Been doing really good at the pond lately for Bass/Catfish/Gills/Perch. But have been after Bass. Just using a simple bait. Night Crawlers. We got 7 Bass in an hour today along with 40 Gills. Yesterday we got 10 Bass and 70 Gills. Its been awesome! Only problem has been the occasional Snapper. Its caused us to move a lot more than usual But w/ Farm Ponds every spot is a good one. This week alone I've taken 5 friends from School fishing and am taking more tomorrow. P.S- Since they're new to fishing they're just learning how to lip a fish.

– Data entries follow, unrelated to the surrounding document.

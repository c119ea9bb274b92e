-- ===== src/Broker/Since/Laws.antt =====
-- internal/broker/since.go: what a time bound can be.
use sroiaaa.Base.{
  ◌+◌, ◌≤◌, ◌<◌, Option, none, some, [], ◌∷◌, ◌≡◌, ◌≢◌, inl, inr, refl, arith, ok, err, Bool-cases,
  ltb, ◌==◌,
}
use sroiaaa.Base.Int.{ℤ, pos, negsuc}
use sroiaaa.Base.Text.{Text, UnicodeTables, codes, byte_len, text_eq}
use sroiaaa.Broker.Since.{
  Instant, Calendar, in_the_future, minute, max_since_age, bound, parse_since, word, by_window,
  by_days, by_day, by_moment, parse_days, before,
}

-- A bound that is kept is at most a minute ahead of the clock and at most 400 days behind it.
abbrev pub InReach : Instant → Instant → Type 0
InReach now t = (t ≤ now + minute) × (now ≤ t + max_since_age)

bound-InReach : (m now t : Instant) → bound m now ≡ ok t → (t ≡ m) × InReach now t
unfolding bound
bound-InReach m now t h = ground arith

pub bound_intro : (now t : Instant) → InReach now t → bound t now ≡ ok t
unfolding bound
bound_intro now t h = ground arith

pub bound_future : (m now : Instant) → now + minute < m → bound m now ≡ err in_the_future
unfolding bound
bound_future m now h = ground arith

module _ (tables : UnicodeTables) (cal : Calendar) where
  by_window-InReach :
      (d : Option ℤ) (now t : Instant) → by_window tables cal d now ≡ ok t → InReach now t
  by_window-InReach none now t h = absurd (cc)
  by_window-InReach (some (pos n)) now t h = elim (Bool-cases (n == 0)) [
    | inl e ↦ absurd (ground arith)
    | inr e ↦ (bound-InReach (before now (pos n)) now t (rw e at h)).1
  ]
  by_window-InReach (some (negsuc n)) now t h = absurd (cc)

  by_days-InReach :
      (d : Option ℤ) (value : Text) (now t : Instant)
      → by_days tables cal d value now ≡ ok t
      → InReach now t
  by_days-InReach none value now t h = by_window-InReach (cal.parse_duration value) now t h
  by_days-InReach (some d) value now t h = (bound-InReach (before now d) now t h).1

  by_day-InReach :
      (d : Option Instant) (value : Text) (now t : Instant)
      → by_day tables cal d value now ≡ ok t
      → InReach now t
  by_day-InReach none value now t h = by_days-InReach (parse_days tables cal value) value now t h
  by_day-InReach (some d) value now t h = (bound-InReach d now t h).1

  by_moment-InReach :
      (d : Option Instant) (value : Text) (now t : Instant)
      → by_moment tables cal d value now ≡ ok t
      → InReach now t
  by_moment-InReach none value now t h = by_day-InReach (cal.parse_day value) value now t h
  by_moment-InReach (some d) value now t h = (bound-InReach d now t h).1

  -- Whatever form it is written in, an accepted lower bound lies in reach of the clock.
  pub parse_since-InReach :
      (value : Text) (now t : Instant)
      → value ≢ []
      → parse_since tables cal value now ≡ ok t
      → InReach now t
  unfolding parse_since
  parse_since-InReach [] now t e h = absurd (e refl)
  parse_since-InReach (c ∷ s) now t e h = elim (Bool-cases (ltb 64 (byte_len (c ∷ s)))) [
    | inl long ↦ absurd (ground arith)
    | inr short ↦ elim (Bool-cases (text_eq (word tables cal (c ∷ s)) (codes "today"))) [
      | inl today ↦ (bound-InReach (cal.midnight now) now t (ground arith)).1
      | inr other ↦ elim (Bool-cases (text_eq (word tables cal (c ∷ s)) (codes "yesterday"))) [
        | inl yesterday ↦
            (bound-InReach (cal.previous_day (cal.midnight now)) now t (ground arith)).1
        | inr written ↦
            by_moment-InReach (cal.parse_rfc3339 (c ∷ s)) (c ∷ s) now t
              (rw (short, other, written) at h)
      ]
    ]
  ]
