-- ===== src/Broker/Since/Format.antt =====
-- internal/broker/since.go: a bound that a step carries, read back.
use sroiaaa.Base.{
  ◌+◌, ◌*◌, ◌/◌, ◌≤◌, ◌<◌, false, some, none, [], ◌≡◌, ◌≢◌, ◌⊎◌, inl, inr, refl, ◌∙◌, arith, ok,
  err, ltb, ◌==◌, if◌then◌else◌, Bool-cases,
}
use sroiaaa.Base.Text.{Text, UnicodeTables, codes, is_empty, byte_len, text_eq}
use sroiaaa.Broker.Since.{
  Instant, Calendar, in_the_future, second, hour, minute, zero_time, bound, word, parse_since,
  parse_until,
}
use sroiaaa.Broker.Since.Laws.{InReach, bound_intro, bound_future}

-- 1 January of the year 0, and of the year 10000: between them a year has four digits.
abbrev pub year_0 : Instant
year_0 = 24 * hour

abbrev pub year_10000 : Instant
year_10000 = 3652426 * (24 * hour)

-- An instant without its fraction of a second, which RFC 3339 does not write.
abbrev pub whole : Instant → Instant
whole t = t / second * second

-- What package time documents of the layout RFC 3339, over the four-digit years.
pub record Rfc3339 (tables : UnicodeTables) (cal : Calendar) : Type 0 where
  pub reads :
      (t : Instant)
      → year_0 ≤ t
      → t < year_10000
      → cal.parse_rfc3339 (cal.format_rfc3339 t) ≡ some (whole t)
  pub fraction : (t : Instant) → cal.format_rfc3339 (whole t) ≡ cal.format_rfc3339 t
  -- The layout is no date alone, holds more than nothing and less than 64 bytes, and is no word.
  pub no_day : (t : Instant) → cal.parse_day (cal.format_rfc3339 t) ≡ none
  pub written : (t : Instant) → is_empty (cal.format_rfc3339 t) ≡ false
  pub short : (t : Instant) → ltb 64 (byte_len (cal.format_rfc3339 t)) ≡ false
  pub not_today :
      (t : Instant) → text_eq (word tables cal (cal.format_rfc3339 t)) (codes "today") ≡ false
  pub not_yesterday :
      (t : Instant) → text_eq (word tables cal (cal.format_rfc3339 t)) (codes "yesterday") ≡ false

-- A bound that reads back at `now`: there is none, or it is in reach.
abbrev pub Kept : Instant → Instant → Type 0
Kept now t =
    (t ≡ zero_time)
    ⊎ ((year_0 ≤ t) × (t < year_10000) × (whole t ≢ zero_time) × InReach now (whole t))

-- The instant that the text of a bound stands for.
abbrev pub settle : Instant → Instant
settle t = if t == zero_time then zero_time else whole t

-- A bound as Plan writes it into a step.
abbrev pub write_bound : Calendar → Instant → Text
write_bound cal t = if t == zero_time then [] else cal.format_rfc3339 t

module _ {tables : UnicodeTables} {cal : Calendar} (laws : Rfc3339 tables cal) where
  since-format :
      (t now : Instant)
      → year_0 ≤ t
      → t < year_10000
      → parse_since tables cal (cal.format_rfc3339 t) now ≡ bound (whole t) now
  unfolding parse_since
  since-format t now lo hi =
      rw (laws.written t, laws.short t, laws.not_today t, laws.not_yesterday t, laws.reads t lo hi)
        refl

  until-format :
      (t now : Instant)
      → year_0 ≤ t
      → t < year_10000
      → parse_until tables cal (cal.format_rfc3339 t) now ≡ bound (whole t) now
  unfolding parse_until
  until-format t now lo hi =
      rw
        (
          laws.written t,
          laws.no_day t,
          laws.not_today t,
          laws.not_yesterday t,
          laws.short t,
          laws.reads t lo hi,
          laws.written t,
        )
        refl

  near :
      (t now : Instant)
      → t == zero_time ≡ false
      → Kept now t
      → (year_0 ≤ t) × (t < year_10000) × InReach now (whole t)
  near t now e (inl z) = absurd (ground arith)
  near t now e (inr (lo, hi, _, k)) = (lo, hi, k)

  pub since-Kept :
      (t now : Instant)
      → Kept now t
      → parse_since tables cal (write_bound cal t) now ≡ ok (settle t)
  since-Kept t now k = elim (Bool-cases (t == zero_time)) [
    | inl e ↦ rw e (unfold parse_since in refl)
    | inr e ↦
        let (lo, hi, reach) = near t now e k in
        rw e (since-format t now lo hi ∙ bound_intro now (whole t) reach)
  ]

  pub until-Kept :
      (t now : Instant)
      → Kept now t
      → parse_until tables cal (write_bound cal t) now ≡ ok (settle t)
  until-Kept t now k = elim (Bool-cases (t == zero_time)) [
    | inl e ↦ rw e (unfold parse_until in refl)
    | inr e ↦
        let (lo, hi, reach) = near t now e k in
        rw e (until-format t now lo hi ∙ bound_intro now (whole t) reach)
  ]

  -- Writing the instant that was read gives the text again.
  pub write_bound-settle :
      (t now : Instant) → Kept now t → write_bound cal (settle t) ≡ write_bound cal t
  write_bound-settle t now k = elim (Bool-cases (t == zero_time)) [
    | inl e ↦ rw e refl
    | inr e ↦ rw (e, whole_nonzero e k) (laws.fraction t)
  ]
    where
      whole_nonzero : t == zero_time ≡ false → Kept now t → whole t == zero_time ≡ false
      whole_nonzero e (inl z) = absurd (ground arith)
      whole_nonzero e (inr (_, _, n, _)) = ground arith

  -- An upper bound that lies more than a minute ahead is refused when it is read back.
  pub until-ahead :
      (t now : Instant)
      → year_0 ≤ t
      → t < year_10000
      → t ≢ zero_time
      → now + minute < whole t
      → parse_until tables cal (write_bound cal t) now ≡ err in_the_future
  until-ahead t now lo hi nz far = elim (Bool-cases (t == zero_time)) [
    | inl e ↦ absurd (nz (ground arith))
    | inr e ↦ rw e (until-format t now lo hi ∙ bound_future (whole t) now far)
  ]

Thats why I'm in the photos. Haha


----------



## Scum_Frog (Apr 3, 2009)

Nice largies bud!!!!How big r the gils!?!??! If they're over 8" id be keepin some for the pan! lol


----------



## fish on! (Oct 15, 2009)

Those are some nice fish, great job. Good to hear you're introducing you friends to fishing, there are some that would keep that spot all to themselves. 

Way to be!


----------



## JSykes3 (Oct 14, 2010)

I could be a friend.


----------



## Rod Hawg (Jan 13, 2011)

Haha! Jykes. You could! Nah. These are some friends from school I've known since Kindergarten. They like to fish but now since they're getting some Big Bass they're really loving it. And Scum Frog. The Pond has a bunch of stunted Gills. They don't get big. They're big ones in there but they're rare. We've got a few 9s and 10s but we're mainly keeping the little ones for Cut-Bait and putting the big fish back.


----------